ANTINOMIC LOCALIZED YET BROAD DENDRITIC COMPUTATION IN PURKINJE CELL DENDRITE REVEALED BY VOLTAGE IMAGING

Neurons receive numbers of synaptic inputs in their elaborate dendrite. How individual synaptic potentials travel through somatodendritic compartment and how they are integrated are central to neuronal computation. However, the spatial processing of voltage signals remains obscure, mainly because of the difficulty of simultaneous patch-clamp recordings from multiple points in a complex branching dendrite. Here, we expressed a genetically-encoded voltage indicator in cultured cerebellar Purkinje cells (PCs) and conducted voltage imaging of EPSPs evoked by spot laser uncaging of MNI-glutamate. EPSPs generated at a distal branch sharply attenuated in short distance (length constant ~ 30 micrometers) and surprisingly similar, substantial size of voltage changes were shared in the remaining wide dendritic area. Multi-compartmental model simulation revealed that the characteristic branching pattern of PC dendrite was the determinant factor for the EPSPs spreading pattern.

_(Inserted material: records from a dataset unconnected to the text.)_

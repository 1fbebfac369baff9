-- ===== src/Sync.antt =====
-- The synchronisation of the index with the files: reindex_one, sync_from_fs and verify_fs of
-- crates/core/src/service.rs, and read_entry of crates/core/src/content_store.rs.
pub mod Reindexing
pub mod Passes
pub mod Synced
pub mod Rebuild
pub mod Quiet
pub mod Rebuilt
mod Tests
use nomai.Base.{
  ℕ, suc, ◌+◌, ◌%◌, ◌^◌, ◌≡◌, ◌↔◌, Bool, true, false, not, ◌&&◌, Option, none, some, List, [], ◌∷◌,
  ◌++◌, map, if◌then◌else◌, ◌==◌, any, find, filter, is_empty, Result, ok, err, ok_or, ◌>>=◌,
}
use nomai.Blocks.{Tables, CreateBlock, has_entry, delete_entry_row, create_in_tx}
use nomai.Blocks
use nomai.Core.{Deps, CoreError, nomai_format, io, storage, Json, same_id}
use nomai.Core.Json.{Value, Fields, object, string, nil, field}
use nomai.Core.Model.{Entry}
use nomai.NomaiFormat.Document.{parse}
use nomai.NomaiFormat.Model.{Externals, NomaiDoc, JsonMap, as_str}
use nomai.NomaiFormat.Model
use nomai.Text.{Text}

-- What the formats need: ULIDs, times, and JSON values that are no strings.
pub record Formats (d : Deps) : Type 1 where
  pub Other : Type 0
  pub parse_ulid : Text → Option d.Ulid
  pub parse_from_rfc3339 : Text → Option d.Time
  pub other_to_string : Other → Text
  pub other_to_value : Other → Json d
  pub same_time : d.Time → d.Time → Bool
  pub same_time_iff : (a b : d.Time) → (same_time a b ≡ true) ↔ (a ≡ b)
  pub parse-print_time : (t : d.Time) → parse_from_rfc3339 (d.to_rfc3339 t) ≡ some t

-- The directories under `entries/` whose names are ULIDs, and the file `entry.nomai` of each. They do not
-- change during a pass.
pub record Files (d : Deps) : Type 0 where
  pub scan_entry_ids : List d.Ulid
  pub content : d.Ulid → Result d.IoError Text
  pub entry_mtime : d.Ulid → Option d.Time

-- The tables, with the column `fs_mtime` of the entries.
pub record Index (d : Deps) : Type 0 where
  pub tables : Tables d
  pub fs_mtime : d.Ulid → Option Text

pub record SyncResult (d : Deps) : Type 0 where
  pub added : ℕ
  pub updated : ℕ
  pub removed : ℕ
  pub unchanged : ℕ
  pub reindexed_ids : List d.Ulid

pub record VerifyResult : Type 0 where
  pub fs_only : ℕ
  pub db_only : ℕ
  pub stale_mtime : ℕ
  pub consistent : ℕ

-- The variables of a pass.
pub record Pass (d : Deps) : Type 0 where
  pub index : Index d
  pub result : SyncResult d

-- What a pass does with a directory.
pub data Action : Type 0 where
  add update remove skip : Action

-- `trim_end_matches('\n')`
unfoldable pub trim_newlines : Text → Text
trim_newlines [] = []
trim_newlines (c ∷ s) =
    let rest = trim_newlines s in if c == b'\n' && is_empty rest then [] else c ∷ rest

module _ (d : Deps) (codec : Blocks.Codec d) (fm : Formats d) where
  abbrev pub externals : Externals
  externals = record {
    Ulid = d.Ulid;
    DateTime = d.Time;
    Other = fm.Other;
    parse_ulid = fm.parse_ulid;
    ulid_to_string = d.ulid_to_string;
    parse_date_time = fm.parse_from_rfc3339;
    to_rfc3339 = d.to_rfc3339;
    other_to_string = fm.other_to_string;
  }

  abbrev pub to_value : Model.Value externals → Json d
  to_value (Model.Value.string s) = string s
  to_value (Model.Value.other o) = fm.other_to_value o

  -- `Value::Object(attrs.clone())`
  unfoldable pub to_fields : JsonMap externals → Fields d.Number
  to_fields [] = nil
  to_fields ((k, v) ∷ m) = field k (to_value v) (to_fields m)

  abbrev pub parsed :
      Result Model.ParseError (NomaiDoc externals) → Result (CoreError d) (NomaiDoc externals)
  parsed (ok doc) = ok doc
  parsed (err e) = err (nomai_format e)

  abbrev pub read : Result d.IoError Text → Result (CoreError d) (NomaiDoc externals)
  read (ok text) = parsed (parse {x = externals} text)
  read (err e) = err (io e)

  unfoldable pub read_entry : Files d → d.Ulid → Result (CoreError d) (NomaiDoc externals)
  read_entry files id = read (files.content id)

  abbrev pub entry_row : d.Ulid → NomaiDoc externals → Entry d
  entry_row id doc = record {
    id = id;
    title = doc.title;
    blocks = [];
    tags = doc.tags;
    attrs = object (to_fields doc.attrs);
    source = doc.source;
    created_at = doc.created_at;
    updated_at = doc.updated_at;
  }

  abbrev pub block_row : d.Ulid → ℕ → Model.Block externals → CreateBlock d
  block_row id i b = record {
    entry_id = id;
    ordinal = i % 2 ^ 32;
    type = as_str b.type;
    text = trim_newlines b.text;
    attrs = some (object (to_fields b.attrs));
  }

  -- The loop over the blocks of a document; each creation takes its ids and times from `calls`.
  unfoldable pub create_blocks :
      (ℕ → Blocks.Call d)
      → d.Ulid
      → ℕ
      → List (Model.Block externals)
      → Tables d
      → Result (CoreError d) (Tables d)
  create_blocks calls id i [] db = ok db
  create_blocks calls id i (b ∷ bs) db = do
    (block, db1) ← create_in_tx d codec (calls i) (block_row id i b) false db
    create_blocks calls id (suc i) bs db1

  unfoldable pub insert_entry : Entry d → Tables d → Result (CoreError d) (Tables d)
  insert_entry e db =
      if has_entry d codec e.id db.entries
      then err (storage codec.constraint_error)
      else ok (record db { entries = e ∷ db.entries })

  abbrev pub mtime_text : Option d.Time → Text
  mtime_text none = []
  mtime_text (some t) = d.to_rfc3339 t

  -- The column of one row.
  abbrev pub set_mtime : d.Ulid → Text → (d.Ulid → Option Text) → d.Ulid → Option Text
  set_mtime id s column j = if same_id d j id then some s else column j

  -- A failure rolls back.
  unfoldable pub reindex_one :
      (ℕ → Blocks.Call d) → Files d → d.Ulid → Index d → Result (CoreError d) (Index d)
  reindex_one calls files id ix = do
    doc ← read_entry files id
    db1 ← insert_entry (entry_row id doc) (delete_entry_row d codec id ix.tables)
    db2 ← create_blocks calls id 0 doc.blocks db1
    ok (record {
      tables = db2;
      fs_mtime = set_mtime id (mtime_text (files.entry_mtime id)) ix.fs_mtime;
    })

  -- `SELECT id, fs_mtime FROM entries`
  unfoldable pub db_rows : Index d → List (d.Ulid × Option Text)
  db_rows ix = map (λ e. (e.id, ix.fs_mtime e.id)) ix.tables.entries

  abbrev pub find_row : d.Ulid → List (d.Ulid × Option Text) → Option (d.Ulid × Option Text)
  find_row id rows = find (λ r. same_id d r.0 id) rows

  -- `Some(fs_mtime)`, compared with what the column holds.
  abbrev pub is_mtime : Option d.Time → d.Time → Bool
  is_mtime none t = false
  is_mtime (some s) t = fm.same_time s t

  unfoldable pub decide : Option (d.Ulid × Option Text) → Option d.Time → Action
  decide none (some t) = add
  decide (some (id, some s)) (some t) =
      if is_mtime (fm.parse_from_rfc3339 s) t then skip else update
  decide (some row) none = remove
  decide (some (id, none)) (some t) = update
  decide none none = skip

  unfoldable pub delete_entry : d.Ulid → Index d → Index d
  delete_entry id ix = record ix { tables = delete_entry_row d codec id ix.tables }

  -- One directory. An error comes with the index as it is left.
  abbrev pub reindexed :
      Index d
      → (Index d → Pass d)
      → Result (CoreError d) (Index d)
      → Result (CoreError d × Index d) (Pass d)
  reindexed ix f (ok ix1) = ok (f ix1)
  reindexed ix f (err e) = err (e, ix)

  unfoldable pub sync_entry :
      (d.Ulid → ℕ → Blocks.Call d)
      → Files d
      → List (d.Ulid × Option Text)
      → d.Ulid
      → Pass d
      → Result (CoreError d × Index d) (Pass d)
  sync_entry calls files rows id p =
      let r = p.result in
      elim (decide (find_row id rows) (files.entry_mtime id)) [
        | add ↦
            reindexed p.index
              (λ ix. record {
                index = ix;
                result = record r {
                  added = r.added + 1;
                  reindexed_ids = r.reindexed_ids ++ id ∷ [];
                };
              })
              (reindex_one (calls id) files id p.index)
        | update ↦
            reindexed p.index
              (λ ix. record {
                index = ix;
                result = record r {
                  updated = r.updated + 1;
                  reindexed_ids = r.reindexed_ids ++ id ∷ [];
                };
              })
              (reindex_one (calls id) files id p.index)
        | remove ↦ ok (record {
          index = delete_entry id p.index;
          result = record r { removed = r.removed + 1 };
        })
        | skip ↦ ok (record p { result = record r { unchanged = r.unchanged + 1 } })
      ]

  -- The walk over the directories.
  unfoldable pub sync_entries :
      (d.Ulid → ℕ → Blocks.Call d)
      → Files d
      → List (d.Ulid × Option Text)
      → List d.Ulid
      → Pass d
      → Result (CoreError d × Index d) (Pass d)
  sync_entries calls files rows [] p = ok p
  sync_entries calls files rows (id ∷ ids) p =
      sync_entry calls files rows id p >>= sync_entries calls files rows ids

  abbrev pub is_scanned : Files d → d.Ulid → Bool
  is_scanned files id = any (λ i. same_id d i id) files.scan_entry_ids

  -- The sweep over the rows whose directory is gone.
  unfoldable pub sweep : Files d → List (d.Ulid × Option Text) → Pass d → Pass d
  sweep files [] p = p
  sweep files ((id, m) ∷ rows) p =
      let r = p.result in
      sweep files rows (
        if is_scanned files id then p else record {
          index = delete_entry id p.index;
          result = record r { removed = r.removed + 1 };
        })

  unfoldable pub sync_from_fs :
      (d.Ulid → ℕ → Blocks.Call d) → Files d → Index d → Result (CoreError d × Index d) (Pass d)
  sync_from_fs calls files ix = do
    let rows = db_rows ix
    p ← sync_entries calls files rows files.scan_entry_ids (record {
      index = ix;
      result = record { added = 0; updated = 0; removed = 0; unchanged = 0; reindexed_ids = [] };
    })
    ok (sweep files rows p)

  -- `db_mtime == fs_mtime`, of two options.
  abbrev pub same_mtime : Option d.Time → Option d.Time → Bool
  same_mtime none none = true
  same_mtime (some a) (some b) = fm.same_time a b
  same_mtime _ _ = false

  unfoldable pub verify_entry :
      Files d → List (d.Ulid × Option Text) → d.Ulid → VerifyResult → VerifyResult
  verify_entry files rows id v = elim (find_row id rows) [
    | none ↦ record v { fs_only = v.fs_only + 1 }
    | some (i, some s) ↦
        if same_mtime (fm.parse_from_rfc3339 s) (files.entry_mtime id)
        then record v { consistent = v.consistent + 1 }
        else record v { stale_mtime = v.stale_mtime + 1 }
    | some (i, none) ↦ record v { consistent = v.consistent + 1 }
  ]

  unfoldable pub verify_entries :
      Files d → List (d.Ulid × Option Text) → List d.Ulid → VerifyResult → VerifyResult
  verify_entries files rows [] v = v
  verify_entries files rows (id ∷ ids) v =
      verify_entries files rows ids (verify_entry files rows id v)

  unfoldable pub count_orphans : Files d → List (d.Ulid × Option Text) → VerifyResult → VerifyResult
  count_orphans files [] v = v
  count_orphans files ((id, m) ∷ rows) v =
      count_orphans files rows
        (if is_scanned files id then v else record v { db_only = v.db_only + 1 })

  unfoldable pub verify_fs : Files d → Index d → VerifyResult
  verify_fs files ix =
      let rows = db_rows ix in
      count_orphans files rows (
        verify_entries files rows files.scan_entry_ids
          (record { fs_only = 0; db_only = 0; stale_mtime = 0; consistent = 0 }))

We further examined the integration of EPSPs in PC dendrite using voltage and calcium imaging. EPSPs in response to simultaneous glutamate uncagings at two faraway branches showed spatial spreading pattern similar to the superimposed pattern of two individual ones. Increasing uncaging intensity and numbers triggered calcium spikes. The area of calcium rise was limited close to the area near the stimulated site, specified by the length constant for voltage signal attenuation. On the other hand, paired uncagings on a faraway branch decreased the stimulus intensity needed to evoke calcium spikes on a branch, highlighting inter-branch summation of synaptic inputs enabled by widespread voltage signals.